Entrepreneurial Journalism lecture -- Jan. 31

Entrepreneurial Journalism — “Journalism in the age of disruption”

Disruption -- interruption of normal work and practices.
+ If it displaces an existing business or practice.
+ The economic mechanisms that have sustained quality journalism are in the process of being disrupted.
+ Effected by: scandals, increased transparency via groups like Wikileaks, and, mainly, slow innovation.
+ Disruption a painful process but offers opportunities for new businesses and rebirth.
+ Historical context:
+ In the 18th century Britain moved from an agrarian to a machine-based economy via the industrial revolution
+ Britain’s trade routes and technological industry positioned the country well.
+ Movement away from the era of mass production
+ Historic Fatality
+ Agriculture -- is obviously beneficial.

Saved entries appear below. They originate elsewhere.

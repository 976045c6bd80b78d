-- ===== src/Container/Rollback.antt =====
-- A rollback takes back exactly the processing from its time on, and makes room for a straggler.
use mathlib.Core.List.{}
use pdes.Base.Sorting.{Le, Le_refl, Sorted}
use pdes.Base.{
  ℕ, ◌≤◌, ◌<◌, ◌≡◌, refl, sym, ◌∙◌, subst, inl, inr, false, List, [], ◌∷◌, ◌++◌, none, some, arith,
  All, All-append, All-left, All-map, front, rest, front-append-rest, front-All, ltb→lt, last?,
  extract, Bool-cases, Option-cases, ◌⊎◌,
}
use pdes.Container.Causality.{IsValid, InOrder, AllBefore, Sorted-left, Sorted-split}
use pdes.Container.{Container, before, insert, rollback, is_in_the_past, same_event}
use pdes.Event.Order.{receive_order, receive_less-le}
use pdes.Event.{Event, receive_less}

-- From the first entry on that is not before the time, no entry is, in a list in order.
pub rest-late :
    (time : ℕ) (xs : List Event)
    → Sorted receive_order xs
    → All (λ e. time ≤ e.receive_time) (rest (before time) xs)
unfolding rest
rest-late time [] s = tt
rest-late time (x ∷ xs) s = elim (Bool-cases (before time x)) [
  | inl e ↦ rw e (rest-late time xs s.1)
  | inr e ↦
      let late : time ≤ x.receive_time = ground arith in
      rw e (
        late,
        All-map (Le receive_order x) (λ y. time ≤ y.receive_time)
            (λ y h. omega (arith, receive_less-le x y h)) xs s.0,
      )
]

-- A rollback splits the processed events, which stand in order, at its time: those before it stay
-- processed, and those that it undoes go back to the unprocessed ones. The rest of the container
-- stays as it is, and the flag asks for a new sort.
pub rollback_split :
    (c : Container) (time : ℕ)
    → Sorted receive_order c.processed
    → (undone : List Event) × (c.processed ≡ (rollback c time).processed ++ undone)
      × ((rollback c time).unprocessed ≡ c.unprocessed ++ undone)
      × All (λ e. e.receive_time < time) (rollback c time).processed
      × All (λ e. time ≤ e.receive_time) undone
      × ((rollback c time).removed ≡ c.removed)
      × ((rollback c time).negative ≡ c.negative)
      × IsValid (rollback c time)
unfolding rollback
rollback_split c time s = (
  rest (before time) c.processed,
  sym (front-append-rest (before time) c.processed),
  refl,
  All-map _ _ (λ e h. ltb→lt _ _ h) _ (front-All (before time) c.processed),
  rest-late time c.processed s,
  refl,
  refl,
  λ h. cc,
)

-- After a rollback the events still processed stand in order, and no unprocessed event is in their
-- past, if that was so before.
pub rollback-InOrder : (c : Container) (time : ℕ) → InOrder c → InOrder (rollback c time)
unfolding rollback
rollback-InOrder c time o = record {
  done = Sorted-left kept undone whole;
  ahead =
      joined kept
        (All-left (λ p. All (Le receive_order p) c.unprocessed) kept undone
          (subst (λ ps. AllBefore ps c.unprocessed) e o.ahead))
        (Sorted-split kept undone whole);
}
  where
    kept : List Event
    kept = front (before time) c.processed

    undone : List Event
    undone = rest (before time) c.processed

    e : c.processed ≡ kept ++ undone
    e = sym (front-append-rest (before time) c.processed)

    whole : Sorted receive_order (kept ++ undone)
    whole = subst (Sorted receive_order) e o.done

    joined :
        (ps : List Event)
        → AllBefore ps c.unprocessed
        → AllBefore ps undone
        → AllBefore ps (c.unprocessed ++ undone)
    joined [] h k = tt
    joined (p ∷ ps) h k =
        (All-append (Le receive_order p) c.unprocessed undone h.0 k.0, joined ps h.1 k.1)

insert-unprocessed :
    (c : Container) (e : Event)
    → ((insert c e).processed ≡ c.processed)
      × (((insert c e).unprocessed ≡ c.unprocessed)
          ⊎ ((insert c e).unprocessed ≡ c.unprocessed ++ e ∷ []))
unfolding insert
insert-unprocessed c e = elim (Option-cases (extract (same_event e) c.negative)) [
  | inl h ↦ rw (h, insert) (refl, inr refl)
  | inr ((n, others), h) ↦ rw (h, insert) (refl, inl refl)
]

AllBefore-snoc :
    (ps xs : List Event) (e : Event)
    → AllBefore ps xs
    → All (λ p. Le receive_order p e) ps
    → AllBefore ps (xs ++ e ∷ [])
AllBefore-snoc [] xs e h k = tt
AllBefore-snoc (p ∷ ps) xs e h k =
    (All-append (Le receive_order p) xs (e ∷ []) h.0 (k.0, tt), AllBefore-snoc ps xs e h.1 k.1)

insert-ahead :
    (c : Container) (e : Event)
    → AllBefore c.processed c.unprocessed
    → All (λ p. Le receive_order p e) c.processed
    → AllBefore c.processed (insert c e).unprocessed
insert-ahead c e o h = elim (insert-unprocessed c e).1 [
  | inl same ↦ rw same o
  | inr more ↦ rw more (AllBefore-snoc c.processed c.unprocessed e o h)
]

insert-InOrder :
    (c : Container) (e : Event)
    → InOrder c
    → All (λ p. Le receive_order p e) c.processed
    → InOrder (insert c e)
insert-InOrder c e o h = record {
  done = subst (Sorted receive_order) (sym same) o.done;
  ahead =
      subst (λ ps. AllBefore ps (insert c e).unprocessed) (sym same) (insert-ahead c e o.ahead h);
}
  where
    same : (insert c e).processed ≡ c.processed
    same = (insert-unprocessed c e).0

last_refl : (x l : Event) → some x ≡ some l → Le receive_order x l
last_refl x l h = let e : x ≡ l = cc in subst (Le receive_order x) e (Le_refl receive_order x)

-- In a list in order no entry is after the last.
Sorted-last :
    (xs : List Event) (l : Event)
    → Sorted receive_order xs
    → last? xs ≡ some l
    → All (λ p. Le receive_order p l) xs
unfolding last?
Sorted-last [] l s h = tt
Sorted-last (x ∷ []) l s h = (last_refl x l h, tt)
Sorted-last (x ∷ y ∷ xs) l s h =
    let later : All (λ p. Le receive_order p l) (y ∷ xs) = Sorted-last (y ∷ xs) l s.1 h in
    (receive_order.le_trans x y l s.0.0 later.0, later)

past_test :
    (c : Container) (e l : Event)
    → last? c.processed ≡ some l
    → is_in_the_past c e ≡ receive_less e l
unfolding is_in_the_past receive_less
past_test c e l h = ground arith

last?-none : (xs : List Event) → last? xs ≡ none → xs ≡ []
unfolding last?
last?-none [] h = refl
last?-none (x ∷ []) h = cc
last?-none (x ∷ y ∷ xs) h = absurd (ground (arith, last?-none (y ∷ xs) h))

not_past-All :
    (c : Container) (e : Event)
    → Sorted receive_order c.processed
    → is_in_the_past c e ≡ false
    → All (λ p. Le receive_order p e) c.processed
not_past-All c e s h = elim (Option-cases (last? c.processed)) [
  | inl no_last ↦ rw (last?-none c.processed no_last) tt
  | inr (l, e') ↦
      All-map (λ p. Le receive_order p l) (λ p. Le receive_order p e)
        (λ p k. receive_order.le_trans p l e k (sym (past_test c e l e') ∙ h)) c.processed
        (Sorted-last c.processed l s e')
]

-- An event that `is_in_the_past` passes, which looks at the last processed event only, can be
-- inserted with no rollback: no unprocessed event is then in the past of a processed one.
pub insert_not_past-InOrder :
    (c : Container) (e : Event) → InOrder c → is_in_the_past c e ≡ false → InOrder (insert c e)
insert_not_past-InOrder c e o h = insert-InOrder c e o (not_past-All c e o.done h)

early-Le :
    (time : ℕ) (e p : Event) → time ≤ e.receive_time → p.receive_time < time → Le receive_order p e
unfolding receive_less
early-Le time e p h k = ground arith

-- A straggler can be inserted after a rollback to its receive time or to an earlier time.
pub insert-rollback-InOrder :
    (c : Container) (e : Event) (time : ℕ)
    → InOrder c
    → time ≤ e.receive_time
    → InOrder (insert (rollback c time) e)
insert-rollback-InOrder c e time o h =
    let (_, _, _, kept_early, _, _, _, _) = rollback_split c time o.done in
    insert-InOrder (rollback c time) e (rollback-InOrder c time o) (
      All-map (λ p. p.receive_time < time) (λ p. Le receive_order p e)
        (λ p k. early-Le time e p h k) _ kept_early)
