-- ===== src/Container/Fossil.antt =====
-- Fossil collection reclaims what lies before the collect time, and nothing else.
use mathlib.Core.List.{}
use mathlib.Core.List.Perm
use pdes.Base.Permutations.{perm_interchange}
use pdes.Base.Sorting.{Le, Sorted}
use pdes.Base.{
  ℕ, ◌≤◌, ◌<◌, ◌≡◌, sym, subst, Bool, true, not, List, [], ◌∷◌, ◌++◌, Perm, arith, All, All-append,
  All-map, front, rest, keep, front-append-rest, front-All, rest-All, keep-All, keep-perm,
}
use pdes.Container.Causality.{
  IsValid, InOrder, AllBefore, AllBefore-perm, IsSortOf, ensure_sorted-IsSortOf,
}
use pdes.Container.Rollback.{rest-late}
use pdes.Container.{Container, before, ensure_sorted, collect, fossil_collect}
use pdes.Event.Order.{receive_order}
use pdes.Event.{Event}

-- What a collection before a time must do.
pub record Collects (c d : Container) (time : ℕ) (reclaimed : List Event) : Type 0 where
  pub split : Perm (reclaimed ++ (d.processed ++ d.removed)) (c.processed ++ c.removed)
  pub old : All (λ e. e.receive_time < time) reclaimed
  pub late_processed : All (λ e. time ≤ e.receive_time) d.processed
  pub late_removed : All (λ e. time ≤ e.receive_time) d.removed
  pub same_unprocessed : Perm d.unprocessed c.unprocessed
  pub same_negative : d.negative ≡ c.negative
  pub in_order : Sorted receive_order d.unprocessed

-- The two fronts and the two rests regrouped.
regroup :
    (p : Event → Bool) (xs ys : List Event)
    → Perm ((front p xs ++ keep p ys) ++ (rest p xs ++ keep (λ e. not (p e)) ys)) (xs ++ ys)
regroup p xs ys =
    Perm.trans (perm_interchange (front p xs) (keep p ys) (rest p xs) (keep (λ e. not (p e)) ys)) (
      Perm.append
        (subst (λ zs. Perm (front p xs ++ rest p xs) zs) (front-append-rest p xs) (Perm.refl _))
        (keep-perm p ys))

before-lt : (time : ℕ) (e : Event) → before time e ≡ true → e.receive_time < time
before-lt time e h = ground arith

not-before-le : (time : ℕ) (e : Event) → not (before time e) ≡ true → time ≤ e.receive_time
not-before-le time e h = ground arith

collected : Container → (Event → Bool) → Container
collected d p = record d {
  processed = rest p d.processed;
  removed = keep (λ e. not (p e)) d.removed;
}

collected-Collects :
    (c d : Container) (time : ℕ)
    → IsSortOf c d
    → Sorted receive_order c.processed
    → Collects c
        (collected d (before time))
        time
        (front (before time) d.processed ++ keep (before time) d.removed)
unfolding collected
collected-Collects c d time s o = record {
  split =
      Perm.trans (regroup (before time) d.processed d.removed)
        (rw (s.same_processed, s.same_removed) (Perm.refl _));
  old =
      All-append _ (front (before time) d.processed) _
        (All-map _ _ (before-lt time) _ (front-All (before time) d.processed))
        (All-map _ _ (before-lt time) _ (keep-All (before time) d.removed));
  late_processed =
      rest-late time d.processed (subst (Sorted receive_order) (sym s.same_processed) o);
  late_removed = All-map _ _ (not-before-le time) _ (keep-All (λ e. not (before time e)) d.removed);
  same_unprocessed = s.same_events;
  same_negative = s.same_negative;
  in_order = s.in_order;
}

-- With the processed events in order and a truthful flag, fossil collection reclaims exactly the
-- processed and the removed events strictly before the collect time, where the comment in the header
-- says at or before it. The others stay, and the unprocessed events end up sorted.
pub fossil_collect-Collects :
    (c : Container) (time : ℕ)
    → IsValid c
    → Sorted receive_order c.processed
    → Collects c (fossil_collect c time).0 time (fossil_collect c time).1
unfolding fossil_collect collect
fossil_collect-Collects c time v s =
    unfold collected in collected-Collects c (ensure_sorted c) time (ensure_sorted-IsSortOf c v) s

AllBefore-rest :
    (p : Event → Bool) (ps xs : List Event) → AllBefore ps xs → AllBefore (rest p ps) xs
AllBefore-rest p ps xs = rest-All p (λ e. All (Le receive_order e) xs) ps

Sorted-rest :
    (p : Event → Bool) (xs : List Event)
    → Sorted receive_order xs
    → Sorted receive_order (rest p xs)
unfolding rest
Sorted-rest p [] s = tt
Sorted-rest p (x ∷ xs) s = ground (arith, Sorted-rest p xs s.1)

-- Fossil collection leaves the container in order.
pub fossil_collect-InOrder :
    (c : Container) (time : ℕ) → IsValid c → InOrder c → InOrder (fossil_collect c time).0
unfolding fossil_collect collect
fossil_collect-InOrder c time v o = record {
  done = Sorted-rest (before time) _ (subst (Sorted receive_order) (sym s.same_processed) o.done);
  ahead = AllBefore-rest (before time) _ _ (
      AllBefore-perm _ (Perm.symm s.same_events)
        (subst (λ ps. AllBefore ps c.unprocessed) (sym s.same_processed) o.ahead));
}
  where
    s : IsSortOf c (ensure_sorted c)
    s = ensure_sorted-IsSortOf c v
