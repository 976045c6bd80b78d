-- ===== src/Container/History.antt =====
-- Histories of a container: what arrives, is cancelled, processed and collected in any order. An
-- arriving event that is in the past causes a rollback to its receive time first, and a negative
-- event a rollback to its own, as the simulation manager does with the restored time at hand.
use pdes.Base.{ℕ, inl, inr, List, [], ◌∷◌, arith, Bool-cases, if◌then◌else◌}
use pdes.Container.Causality.{IsValid, InOrder, get_next_event_least, get_next_event-InOrder}
use pdes.Container.Rollback.{
  rollback_split, rollback-InOrder, insert_not_past-InOrder, insert-rollback-InOrder,
}
use pdes.Container.Cancel.{insert-IsValid, anti-IsValid, anti-InOrder}
use pdes.Container.Fossil.{fossil_collect-Collects, fossil_collect-InOrder}
use pdes.Container.{
  Container, empty, insert, rollback, handle_anti_message, get_next_event, fossil_collect,
  is_in_the_past,
}
use pdes.Event.{Event}

pub data Action : Type 0 where
  arrives : Event → Action
  cancels : Event → ℕ → Action
  processes : Action
  collects : ℕ → Action

unfoldable pub step : Container → Action → Container
step c (arrives e) = if is_in_the_past c e then insert (rollback c e.receive_time) e else insert c e
step c (cancels n time) = (handle_anti_message (rollback c time) n).0
step c processes = (get_next_event c).0
step c (collects time) = (fossil_collect c time).0

unfoldable pub run : Container → List Action → Container
run c [] = c
run c (a ∷ actions) = run (step c a) actions

pub record IsSound (c : Container) : Type 0 where
  pub flag : IsValid c
  pub causal : InOrder c

rollback-IsSound : (c : Container) (time : ℕ) → IsSound c → IsSound (rollback c time)
rollback-IsSound c time s =
    let (_, _, _, _, _, _, _, v) = rollback_split c time s.causal.done in
    record { flag = v; causal = rollback-InOrder c time s.causal }

next-IsSound : (c : Container) → IsSound c → IsSound (get_next_event c).0
next-IsSound c s = elim (get_next_event_least c s.flag) [
  | inl (_, e) ↦ rw e s
  | inr (e, _, t) ↦ record { flag = t.valid; causal = get_next_event-InOrder c s.flag s.causal }
]

step-IsSound : (c : Container) (a : Action) → IsSound c → IsSound (step c a)
unfolding step
step-IsSound c (arrives e) s = elim (Bool-cases (is_in_the_past c e)) [
  | inl t ↦ rw t (record {
    flag = insert-IsValid (rollback c e.receive_time) e (rollback-IsSound c e.receive_time s).flag;
    causal = insert-rollback-InOrder c e e.receive_time s.causal (omega arith);
  })
  | inr t ↦
      rw t (record {
        flag = insert-IsValid c e s.flag;
        causal = insert_not_past-InOrder c e s.causal t;
      })
]
step-IsSound c (cancels n time) s =
    let r = rollback-IsSound c time s in
    record {
      flag = anti-IsValid (rollback c time) n r.flag;
      causal = anti-InOrder (rollback c time) n r.causal;
    }
step-IsSound c processes s = next-IsSound c s
step-IsSound c (collects time) s = record {
  flag = λ _. (fossil_collect-Collects c time s.flag s.causal.done).in_order;
  causal = fossil_collect-InOrder c time s.flag s.causal;
}

-- After every history the events that count as processed stand in the order of their receive
-- times, numbers and senders, no unprocessed event is in the past of a processed one, and the flag
-- that lets a sort be skipped is truthful.
pub run-IsSound : (c : Container) (actions : List Action) → IsSound c → IsSound (run c actions)
unfolding run
run-IsSound c [] s = s
run-IsSound c (a ∷ actions) s = run-IsSound (step c a) actions (step-IsSound c a s)

pub empty-IsSound : IsSound empty
empty-IsSound = record { flag = λ _. tt; causal = record { done = tt; ahead = tt } }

Once it caught on, it caught on quickly.
+ Satisfied deep human desires for settlement and consistency
+ Division of power
+ Gradual erosion of power for centralized sources.
+ Gutenberg printing press disrupted the Catholic church’s control over the Christian faith.
+ Division of power has accelerated with the web
+ Near universal access to information, which can be freely shared with others
+ Cuts of middlemen
+ Anyone an express themselves and find an audience.
+ As a result:
+ Flattens hierarchical power structures
+ Capital and information flows are faster, more fluid and chaotic
+ Accelerating innovation
+ Impulse is to both create and consume.
+ Audience increasingly alienated by the mass market approach to media.
+ Moore’s law specifies the speed of processors double every 18 months, but also that the cost of technology decreases, space and bandwidth increase.
+ Disruptive models
+ Perrato Principle:
+ 80% of your profit will come from 20% of your inventory
+ Amazon undermined due to Toyatan retailing
+ Make more from selling misfires than hits (The Long Tail)
+ Music industry -- failed to innovate because of rival subscription-based services with incomplete inventories and format wars
+ Apple rejected subscription model with iTunes by charging 99c per song, required individual songs to be sold instead of just whole albums
+ Google particularly disruptive
+ Google’s main service is search, which is made profitable by Adwords.
+ Made newspaper advertising seem incredibly expensive and unreliable
+ “Prisoner’s dilemma” -- Google takes away advertising revenue and commodifies news, but to remove stories from its service is to lose traffic to rivals.
+ Value of information is near zero on Internet; key is to find value in other aspects of journalism
+ Fact verification, sourcing, fact aggregation, etc.

Some innovators
+ Controlivest
+ Portuguese company
+ Gave away piece of silverware with each issue; missing an issue would mean having an incomplete set. The silverware cost a fraction of an issue/distribution.
+ Bild
+ “Vado” camera. Cheap video camera that allows instant transmission to the newspaper of video.
+ Ushahidi
+ Open source platform to collect real-time crisis information
+ Overview
+ AP data visualization tool -- find networks in very large data sets.
+ Naseadresa
+ Combined hyperlocal newsrooms with cafes. “News cafes”
+ Would work together to produce 30-page tabloid weekly papers.
+ Shared content and linked by a central newsroom
+ Revenue gaining efforts to cafe were undermined by the revenue losing efforts of newspaper
+ Struggled to find advertising revenue
+ Demand Media
+ Looks for high traffic terms, builds articles relevant to search queries.
+ Autodesk 123D -- free 3D printing design software
+ Micromanufacturing and Ponoko -- able to create things with no cost to the producer until a customer actually buys something. Movement towards zero risk business strategy.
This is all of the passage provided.